„Menschen mit Behinderung gehören nicht an den Rand der Gesellschaft, sondern in die Mitte“, bekundete die mit einer ansteckenden Fröhlichkeit gesegnete Oberhirtin des Kirchenkreises Bayreuth. Mit großer Begeisterung feiere sie daher zusammen mit den katholischen Freunden die „Woche für das Leben“. Den angekündigten Ausstieg der EKD aus dem seit 30 Jahren bestehenden ökumenischen Projekt, bei dem man gemeinsam für den Schutz menschlichen Lebens in all seinen Phasen eintritt, bedauere sie sehr.
Seit 1994 wechselt die Organisation zwischen den beiden Kirchen; in diesem Jahr zeichnet die evangelische Seite verantwortlich. Bei der Konferenz der Dekane habe sie daher gefragt, wo man die Woche feiern könne. Dekanin Ulrike Schorn erzählte daraufhin von den tollen „Kids vom Ring“ sowie von der Lebenshilfe in Kronach. Lebenshilfe-Vorsitzender Florian Kleine-Herzbruch stellte die Einrichtung vor, die das Ehepaar Döring im Jahre 1968 als Hilfsverein für Eltern mit behinderten Kindern gegründet hatte. Aus bescheidensten Anfängen heraus werden in der Kronacher Lebenshilfe mittlerweile Menschen vom Säugling bis ins hohe Alter nachhaltig gefördert, betreut und unterstützt.
Interessiert erkundigte sich Greiner nach den unterschiedlichen Ursachen der Einschränkungen. Neben der Genetik können beispielsweise Probleme beim Geburtsverlauf oder auch Alkohol- bzw. Drogenkonsum der Mutter ursächlich sein. Lebenshilfe-Geschäftsführer Christian Cartus berichtete von einer auffälligen Häufung von Autismus, während Tagesstätten-Leiterin Marina Kremer einen Anstieg von Milieu-Familien wahrnahm, also Kinder aufgrund der häuslichen Verhältnisse behindert seien. Eine große Rolle spiele, so Sonderschulrektorin Marion Schönborn, auch der Migrationshintergrund, nachdem es in anderen Ländern zum Teil gar keine Schulen gebe. Einige dieser Kinder seien aufgrund ihrer fürchterlichen Erlebnisse traumatisiert. „Wir sind dem Bezirk sehr dankbar, dass wir hier so etwas Großartiges haben und hierfür so viel Geld in die Hand genommen wird.“
Wie notwendig dies sei, verdeutlichte Christian Cartus. Er befürchtet einen einschneidenden Wendepunkt, nachdem in Politikerkreisen die Rede davon sei, das Sozialsystem zurückfahren und wieder mehr der Wirtschaft zuspielen zu wollen. „Unsere Position ist, dass eine Wirtschaft nur gut laufen kann, wenn das Soziale ausgewogen und gesichert ist.“ Schon 2023 habe sich die AfD mehrfach gegen das Recht auf Inklusion ausgesprochen.
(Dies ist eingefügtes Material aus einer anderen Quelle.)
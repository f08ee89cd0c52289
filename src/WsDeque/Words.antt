-- ===== src/WsDeque/Words.antt =====
-- rts/WSDeque.c: indices modulo the size of the array, and the part of the array between two indices.
use native.Mathlib.Nat.{div-add-mod, add-zero}
use native.Mathlib.Decide.{dec_lt}
use ghc_xapp_fix.Prelude.{
  ℕ, zero, suc, ◌+◌, ◌/◌, ◌%◌, ◌≤◌, ◌<◌, ◌≡◌, ◌≢◌, refl, ap, List, [], ◌∷◌, ◌++◌, arith, length,
}

-- Two indices less than `n` apart are in different places of an array of `n`.
pub mod_apart : (i b n : ℕ) → i < b → b < i + n → i % n ≢ b % n
mod_apart i b n lt near e =
    let di = div-add-mod i n in
    let db = div-add-mod b n in
    elim (dec_lt (i / n) (b / n)) [ yes h ↦ grind arith | no h ↦ grind arith ]

-- `f a`, …, `f (a + n - 1)`
unfoldable pub slots : (ℕ → ℕ) → ℕ → ℕ → List ℕ
slots f a zero = []
slots f a (suc n) = f a ∷ slots f (suc a) n

pub slots-snoc : (f : ℕ → ℕ) (a n : ℕ) → slots f a (suc n) ≡ slots f a n ++ f (a + n) ∷ []
unfolding slots
slots-snoc f a zero = rw add-zero
slots-snoc f a (suc n) =
    let e : suc a + n ≡ a + suc n = omega arith in rw (slots-snoc f (suc a) n, e)

pub slots-same :
    (f g : ℕ → ℕ) (a n : ℕ) → ((i : ℕ) → a ≤ i → i < a + n → f i ≡ g i) → slots f a n ≡ slots g a n
unfolding slots
slots-same f g a zero h = refl
slots-same f g a (suc n) h = rw (
  h a (omega arith) (omega arith),
  slots-same f g (suc a) n (λ i l u. h i (omega arith) (omega arith)),
)

pub length-slots : (f : ℕ → ℕ) (a n : ℕ) → length (slots f a n) ≡ n
unfolding slots
length-slots f a zero = refl
length-slots f a (suc n) = ap suc (length-slots f (suc a) n)
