-- ===== src/WsDeque/Spec.antt =====
-- The deque that rts/WSDeque.c promises: a list, which the owner extends and shortens at its end,
-- and from whose front others take.
use ghc_xapp_fix.Prelude.{
  ℕ, ◌≡◌, Option, none, some, List, [], ◌∷◌, ◌++◌, arith, ltb, leb, ◌==◌, if◌then◌else◌, length,
}
use mathlib.Core.Option
use ghc_xapp_fix.WsDeque.{Event, silent, pushed, refused, popped, nothing, stolen}

-- the list without its last item, if that is `x`
unfoldable pub remove_last : ℕ → List ℕ → Option (List ℕ)
remove_last x [] = none
remove_last x (y ∷ []) = if y == x then some [] else none
remove_last x (y ∷ z ∷ c) = Option.map (λ r. y ∷ r) (remove_last x (z ∷ c))

pub remove_last-snoc : (x : ℕ) (c : List ℕ) → remove_last x (c ++ x ∷ []) ≡ some c
unfolding remove_last
remove_last-snoc x [] = ground arith
remove_last-snoc x (y ∷ []) = ground arith
remove_last-snoc x (y ∷ z ∷ c) = rw (remove_last-snoc x (z ∷ c))

-- One event of a deque with room for `room` elements; `none` if it cannot happen at this list.
unfoldable pub apply : ℕ → Event → List ℕ → Option (List ℕ)
apply room silent c = some c
apply room (pushed x) c = if ltb (length c) room then some (c ++ x ∷ []) else none
apply room refused c = if leb room (length c) then some c else none
apply room (popped x) c = remove_last x c
apply room nothing [] = some []
apply room nothing (y ∷ c) = none
apply room (stolen x) [] = none
apply room (stolen x) (y ∷ c) = if y == x then some c else none

-- the events so far, the newest first, from the empty deque
unfoldable pub replay : ℕ → List Event → Option (List ℕ)
replay room [] = some []
replay room (e ∷ log) = elim (replay room log) [ none ↦ none | some c ↦ apply room e c ]

-- the elements that went in, and those that came out, in any order
unfoldable pub put_in : List Event → List ℕ
put_in [] = []
put_in (pushed x ∷ log) = x ∷ put_in log
put_in (e ∷ log) = put_in log

unfoldable pub taken_out : List Event → List ℕ
taken_out [] = []
taken_out (popped x ∷ log) = x ∷ taken_out log
taken_out (stolen x ∷ log) = x ∷ taken_out log
taken_out (e ∷ log) = taken_out log
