-- ===== src/WsDeque/Valid.antt =====
-- rts/WSDeque.c: what holds between any two steps, and what the deque holds then.
use ghc_xapp_fix.Prelude.{ℕ, ◌+◌, ◌-◌, ◌%◌, ◌^◌, ◌≤◌, ◌<◌, ◌≡◌, some, List, length}
use ghc_xapp_fix.Prelude.Words.{IsMask}
use ghc_xapp_fix.WsDeque.{
  word, sub_word, add_word, WsDeque, Owner, popping, restoring, claiming, settling, checking,
  writing, publishing, Thief, got_top, got_bottom, got_element, System,
}
use ghc_xapp_fix.WsDeque.Words.{slots}
use ghc_xapp_fix.WsDeque.Spec.{replay, put_in}

-- The end of the deque, as the steps decide it: in `popWSDeque`, `bottom` runs ahead of it or behind.
abbrev pub end_of : WsDeque → Owner → ℕ
end_of q (popping b) = add_word b 1
end_of q (restoring t) = t
end_of q (claiming t removed) = t + 1
end_of q (settling t) = t + 1
end_of q _ = q.bottom

-- the element at index `i`
abbrev pub element : WsDeque → ℕ → ℕ
element q i = q.elements (i % q.size)

unfoldable pub contents : WsDeque → Owner → List ℕ
contents q p = slots (element q) q.top (end_of q p - q.top)

-- what the locals of the owner say about the deque
abbrev pub OwnerFits : WsDeque → Owner → Type 0
OwnerFits q (popping b) = (b < word) × (q.bottom ≡ b)
OwnerFits q (restoring t) = (q.top ≡ t) × (q.bottom ≡ sub_word t 1)
OwnerFits q (claiming t x) = (q.bottom ≡ t) × (t ≤ q.top) × (element q t ≡ x)
OwnerFits q (settling t) = (q.bottom ≡ t) × (q.top ≡ t + 1)
OwnerFits q (checking x b) = q.bottom ≡ b
OwnerFits q (writing x b) = (q.bottom ≡ b) × (b < q.top + q.modulo_size)
OwnerFits q (publishing x b) = (q.bottom ≡ b) × (b < q.top + q.modulo_size) × (element q b ≡ x)
OwnerFits q _ = Unit

-- what the locals of a thief say, with the deque ending at `e`
abbrev pub ThiefFits : WsDeque → ℕ → Thief → Type 0
ThiefFits q e (got_top t) = t ≤ q.top
ThiefFits q e (got_bottom t) = (t ≤ q.top) × (q.top ≡ t → t < e)
ThiefFits q e (got_element t x) = (t ≤ q.top) × (q.top ≡ t → (t < e) × (element q t ≡ x))
ThiefFits q e _ = Unit

-- the array
pub record IsShaped (q : WsDeque) : Type 0 where
  pub mask : IsMask q.modulo_size q.size
  pub modulo : q.modulo_size + 1 ≡ q.size
  pub small : q.size < 2 ^ 62

-- the deque and its owner
pub record IsValid (q : WsDeque) (p : Owner) : Type 0 where
  pub shape : IsShaped q
  pub ordered : q.top ≤ end_of q p
  pub room : end_of q p ≤ q.top + q.modulo_size
  pub bound : q.top_bound ≤ q.top
  pub owner : OwnerFits q p

pub record Inv (s : System) : Type 0 where
  pub valid : IsValid s.deque s.owner
  pub thieves : (i : ℕ) → ThiefFits s.deque (end_of s.deque s.owner) (s.thieves i)
  pub counted : end_of s.deque s.owner ≤ length (put_in s.log)
  pub history : replay s.deque.modulo_size s.log ≡ some (contents s.deque s.owner)
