-- ===== src/WsDeque/OwnerSteps/Base.antt =====
-- rts/WSDeque.c: what a step of the owner keeps and changes, and the ends of its list.
use ghc_xapp_fix.Prelude.{ℕ, suc, ◌+◌, ◌-◌, ◌≤◌, ◌<◌, ◌≡◌, some, [], ◌∷◌, ◌++◌, arith}
use ghc_xapp_fix.WsDeque.{WsDeque, Owner, Event, pushed, Outcome}
use ghc_xapp_fix.WsDeque.Words.{slots, slots-snoc}
use ghc_xapp_fix.WsDeque.Spec.{apply}
use ghc_xapp_fix.WsDeque.Valid.{end_of, element, contents, IsValid}

-- The end moves up only where an element goes in.
abbrev pub grows_by : Event → ℕ
grows_by (pushed x) = 1
grows_by _ = 0

-- A step of the owner: the deque stays valid, its list changes as the event says, `top` does not
-- fall, and what a thief saw at `top` stays there as long as `top` does.
pub record Steps (q : WsDeque) (p : Owner) (r : Outcome Owner) : Type 0 where
  pub valid : IsValid r.deque r.pc
  pub effect : apply q.modulo_size r.event (contents q p) ≡ some (contents r.deque r.pc)
  pub size : r.deque.size ≡ q.size
  pub modulo : r.deque.modulo_size ≡ q.modulo_size
  pub rises : q.top ≤ r.deque.top
  pub grows : end_of r.deque r.pc ≤ end_of q p + grows_by r.event
  pub stays :
      r.deque.top ≡ q.top
      → q.top < end_of q p
      → (q.top < end_of r.deque r.pc) × (element r.deque q.top ≡ element q q.top)

-- the list is empty
pub contents-nil : (q : WsDeque) (p : Owner) → end_of q p ≤ q.top → contents q p ≡ []
unfolding contents slots
contents-nil q p h = let e : end_of q p - q.top ≡ 0 = omega arith in rw e

-- the list ends in the element at `b`
pub contents-snoc :
    (q : WsDeque) (p : Owner) (b : ℕ)
    → end_of q p ≡ b + 1
    → q.top ≤ b
    → contents q p ≡ slots (element q) q.top (b - q.top) ++ element q b ∷ []
unfolding contents
contents-snoc q p b e h =
    let n : end_of q p - q.top ≡ suc (b - q.top) = omega arith in
    let last : q.top + (b - q.top) ≡ b = omega arith in
    rw (n, slots-snoc (element q) q.top (b - q.top), last)

pub slots-nil : (f : ℕ → ℕ) (a : ℕ) {n : ℕ} → n ≡ 0 → slots f a n ≡ []
unfolding slots
slots-nil f a h = rw h
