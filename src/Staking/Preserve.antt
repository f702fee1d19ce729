-- ===== src/Staking/Preserve.antt =====
-- Every handler that touches the pool or its vault keeps the pool sound, and never lowers the rate.
use rise_protocol.Prelude.{ℕ, ◌+◌, ◌-◌, ◌≤◌, ◌≡◌, ◌≢◌, ◌⊎◌, inl, inr, ok, arith}
use rise_protocol.Solana.{
  Pubkey, Runtime, TransferLaws, TokenLaws, transfer-debit, transfer-credit, transfer-others,
}
use rise_protocol.Staking.State.{GlobalPool, ProtocolTreasury, WithdrawalTicket}
use rise_protocol.Staking.Deposit.{StakeSol, stake_sol}
use rise_protocol.Staking.Withdrawal.{UnstakeRiseSol, unstake_rise_sol, ClaimUnstake, claim_unstake}
use rise_protocol.Staking.Rate.{
  update_exchange_rate, credit_staking_revenue, refresh_rate, receive_cdp_liquidity, recognise,
}
use rise_protocol.Staking.Cdp.{notify_rise_sol_burned}
use rise_protocol.Staking.Treasury.{
  WithdrawReserve, withdraw_reserve, WithdrawTreasuryForCdpBuyback,
  withdraw_treasury_for_cdp_buyback,
}
use rise_protocol.Staking.Fees.{CollectFees, collect_fees}
use rise_protocol.Staking.Sound.{
  IsSound, Rerated, earn, credit_rewards-Rerated, recognise-cases, sol_to_rise_sol-le,
  rise_sol_to_sol-le, credit_stake-IsSound, credit_stake-eq, queue_withdrawal-IsSound,
  queue_withdrawal-eq,
}
use rise_protocol.Staking.Effects.{
  stake_sol-calls, unstake_rise_sol-calls, claim_unstake-calls, collect_fees-cases, sweepable-eq,
  split_fees-sum, distribute-Takes,
}

-- More lamports in the vault do no harm.
pub IsSound-mono : (p : GlobalPool) (v v' : ℕ) → v ≤ v' → IsSound p v → IsSound p v'
IsSound-mono p v v' h s = omega arith

module _ {B : Type 0} (rt : Runtime B) where
  abbrev pub Grows : Pubkey → GlobalPool → GlobalPool → B → Type 0
  Grows vault p p' b' = IsSound p' (rt.lamports b' vault) × (p.exchange_rate ≤ p'.exchange_rate)

  pub stake_sol-Grows :
      (transfers : TransferLaws rt) (tokens : TokenLaws rt) (a : StakeSol) (l : ℕ) (b : B)
      (r : StakeSol × B)
      → a.user ≢ a.pool_vault
      → IsSound a.pool (rt.lamports b a.pool_vault)
      → stake_sol rt a l b ≡ ok r
      → Grows a.pool_vault a.pool r.0.pool r.1
        × (r.0.pool.pending_withdrawals_lamports ≡ a.pool.pending_withdrawals_lamports)
  stake_sol-Grows transfers tokens a l b r outside sound h =
      let (m, paid, price, credit, paying, minting) = stake_sol-calls rt a r.0 l b r.1 h in
      let e = credit_stake-eq a.pool l m r.0.pool credit in
      (
        (
          rw
              (
                tokens.mint_keeps _ _ _ _ paid r.1 a.pool_vault minting,
                transfer-credit rt transfers a.user a.pool_vault l b paid outside paying,
              )
              (credit_stake-IsSound a.pool _ sound l m r.0.pool
                (sol_to_rise_sol-le a.pool l m price) credit),
          rw e (omega arith),
        ),
        rw e,
      )

  pub unstake_rise_sol-Grows :
      (tokens : TokenLaws rt) (vault : Pubkey) (a : UnstakeRiseSol) (n : ℕ) (b : B)
      (a' : UnstakeRiseSol) (ticket : WithdrawalTicket) (b' : B)
      → IsSound a.pool (rt.lamports b vault)
      → unstake_rise_sol rt a n b ≡ ok (a', ticket, b')
      → Grows vault a.pool a'.pool b'
        × (a'.pool.pending_withdrawals_lamports
            ≡ a.pool.pending_withdrawals_lamports + ticket.sol_amount)
  unstake_rise_sol-Grows tokens vault a n b a' ticket b' sound h =
      let (price, queue, burning, _, _, _) = unstake_rise_sol-calls rt a a' n ticket b b' h in
      let e = (queue_withdrawal-eq a.pool n ticket.sol_amount a'.pool queue).0 in
      (
        (
          rw (tokens.burn_keeps _ _ _ _ b b' vault burning) (
              queue_withdrawal-IsSound a.pool _ sound n ticket.sol_amount a'.pool
                (rise_sol_to_sol-le a.pool n ticket.sol_amount price) queue),
          rw e (omega arith),
        ),
        rw e,
      )

  pub claim_unstake-Grows :
      (transfers : TransferLaws rt) (a : ClaimUnstake) (b : B) (r : GlobalPool × B)
      → IsSound a.pool (rt.lamports b a.pool_vault)
      → claim_unstake rt a b ≡ ok r
      → Grows a.pool_vault a.pool r.0 r.1
        × (r.0.pending_withdrawals_lamports + a.ticket.sol_amount
            ≡ a.pool.pending_withdrawals_lamports)
  claim_unstake-Grows transfers a b r sound h =
      let (_, _, enough, paying, e) = claim_unstake-calls rt a b r.0 r.1 h in
      let left =
        transfer-debit rt transfers a.pool_vault a.owner a.ticket.sol_amount b r.1 paying in
      rw e (omega (arith, left))

  pub collect_fees-Keeps :
      (transfers : TransferLaws rt) (governance : Pubkey) (a : CollectFees) (b : B)
      (r : ProtocolTreasury × B)
      → IsSound a.pool (rt.lamports b a.pool_vault)
      → collect_fees rt governance a b ≡ ok r
      → IsSound a.pool (rt.lamports r.1 a.pool_vault)
  collect_fees-Keeps transfers governance a b r sound h =
      elim (collect_fees-cases rt governance a b r h) [
        | inl (_, e) ↦ rw e sound
        | inr (n, s, fees, split, sent) ↦ omega (
          arith,
          sweepable-eq rt a b n fees,
          split_fees-sum a.treasury n s split,
          distribute-Takes rt transfers a s b r sent,
        )
      ]

  -- What leaves the reserve vault does not come out of the pool's vault.
  pub withdraw_reserve-le :
      (transfers : TransferLaws rt) (vault : Pubkey) (a : WithdrawReserve) (n : ℕ) (b : B)
      (r : ProtocolTreasury × B)
      → vault ≢ a.reserve_vault
      → withdraw_reserve rt a n b ≡ ok r
      → rt.lamports b vault ≤ rt.lamports r.1 vault
  unfolding withdraw_reserve
  withdraw_reserve-le transfers vault a n b r apart h =
      ground (arith, transfer-others rt transfers a.reserve_vault a.destination n b r.1 vault apart)

  pub withdraw_treasury_for_cdp_buyback-le :
      (transfers : TransferLaws rt) (vault : Pubkey) (a : WithdrawTreasuryForCdpBuyback) (n : ℕ)
      (b : B) (r : ProtocolTreasury × B)
      → vault ≢ a.reserve_vault
      → withdraw_treasury_for_cdp_buyback rt a n b ≡ ok r
      → rt.lamports b vault ≤ rt.lamports r.1 vault
  unfolding withdraw_treasury_for_cdp_buyback
  withdraw_treasury_for_cdp_buyback-le transfers vault a n b r apart h = ground (
    arith,
    transfer-others rt transfers a.reserve_vault a.cdp_wsol_buyback_vault n b r.1 vault apart,
  )

module _ {B : Type 0} (rt : Runtime B) (vault : Pubkey) (p p' : GlobalPool) (b : B) where
  update_exchange_rate-run :
      update_exchange_rate rt p vault b ≡ ok p'
      → (p' ≡ p)
        ⊎ ((p.pending_withdrawals_lamports ≤ rt.lamports b vault)
            × (recognise p
                  (rt.lamports b vault - p.pending_withdrawals_lamports)
                  (rt.epoch b)
                  (rt.slot b)
                ≡ ok p'))
  unfolding update_exchange_rate
  update_exchange_rate-run h = ground arith

  -- What `update_exchange_rate` does: nothing to the totals, or it earns the rewards.
  pub update_exchange_rate-cases :
      update_exchange_rate rt p vault b ≡ ok p'
      → (p' ≡ p)
        ⊎ (p' ≡ record p { last_rate_update_epoch = rt.epoch b })
        ⊎ ((n : ℕ) × (p.liquid_buffer_lamports + p.pending_withdrawals_lamports + n
              ≤ rt.lamports b vault)
            × Rerated (earn p n) p')
  update_exchange_rate-cases h = elim (update_exchange_rate-run h) [
    | inl same ↦ inl same
    | inr (fits, run) ↦
        elim (recognise-cases p (rt.lamports b vault - p.pending_withdrawals_lamports) (rt.epoch b)
          (rt.slot b) p' run) [
            | inl (_, e) ↦ inr (inl e)
            | inr (more, credit) ↦ inr (
                inr (_, omega arith, credit_rewards-Rerated p _ (rt.epoch b) (rt.slot b) p' credit))
          ]
  ]

  pub credit_staking_revenue-Rerated :
      (n : ℕ)
      → credit_staking_revenue rt p vault n b ≡ ok p'
      → (p.liquid_buffer_lamports + p.pending_withdrawals_lamports + n ≤ rt.lamports b vault)
        × Rerated (earn p n) p'
  unfolding credit_staking_revenue refresh_rate
  credit_staking_revenue-Rerated n h = ground arith

  pub receive_cdp_liquidity-eq :
      (n : ℕ)
      → receive_cdp_liquidity rt p vault n b ≡ ok p'
      → (p.liquid_buffer_lamports + p.pending_withdrawals_lamports + n ≤ rt.lamports b vault)
        × (p' ≡ record p { liquid_buffer_lamports = p.liquid_buffer_lamports + n })
  unfolding receive_cdp_liquidity
  receive_cdp_liquidity-eq n h = ground arith

  pub notify_rise_sol_burned-eq :
      (cdp_config : Pubkey) (n : ℕ)
      → notify_rise_sol_burned cdp_config n p ≡ ok p'
      → (p' ≡ record p { staking_rise_sol_supply = p.staking_rise_sol_supply - n })
        × (n ≤ p.staking_rise_sol_supply)
  unfolding notify_rise_sol_burned
  notify_rise_sol_burned-eq cdp_config n h = ground arith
„Die Menschenwürde ist unteilbar, weil Gott uns alle liebt – egal, welche Begabungen oder Einschränkungen wir haben“, betonte Greiner. Wenn politische Parteien wieder anfingen, Menschen mit Behinderung an den Rand zu drängen, ihnen die Lebensmöglichkeit zu nehmen und als reinen Kostenfaktor zu erachten, sei dies unglaublich.
„Die Kids vom Ring haben mich voll integriert. Ich glaube, das war mein schönster Geburtstag“, zeigte sich die Regionalbischöfin danach völlig überwältigt von der in der Lebenshilfe Kronach herrschenden Lebensfreude.
Am Freitag, 12. April wird die „Woche für das Leben“ mit einem zentralen ökumenischen Gottesdienst in der Kronacher Christuskirche mit Regionalbischöfin Dorothea Greiner und Dekanin Ulrike Schorn sowie Erzbischof Herwig Gössl und Domkapitular Thomas Teuchgräber eröffnet. Beginn des Gottesdiensts – unter Mitwirkung von Beschäftigen der Wefa sowie musikalischer Umrahmung der „Kids vom Ring“ – ist um 17.30 Uhr.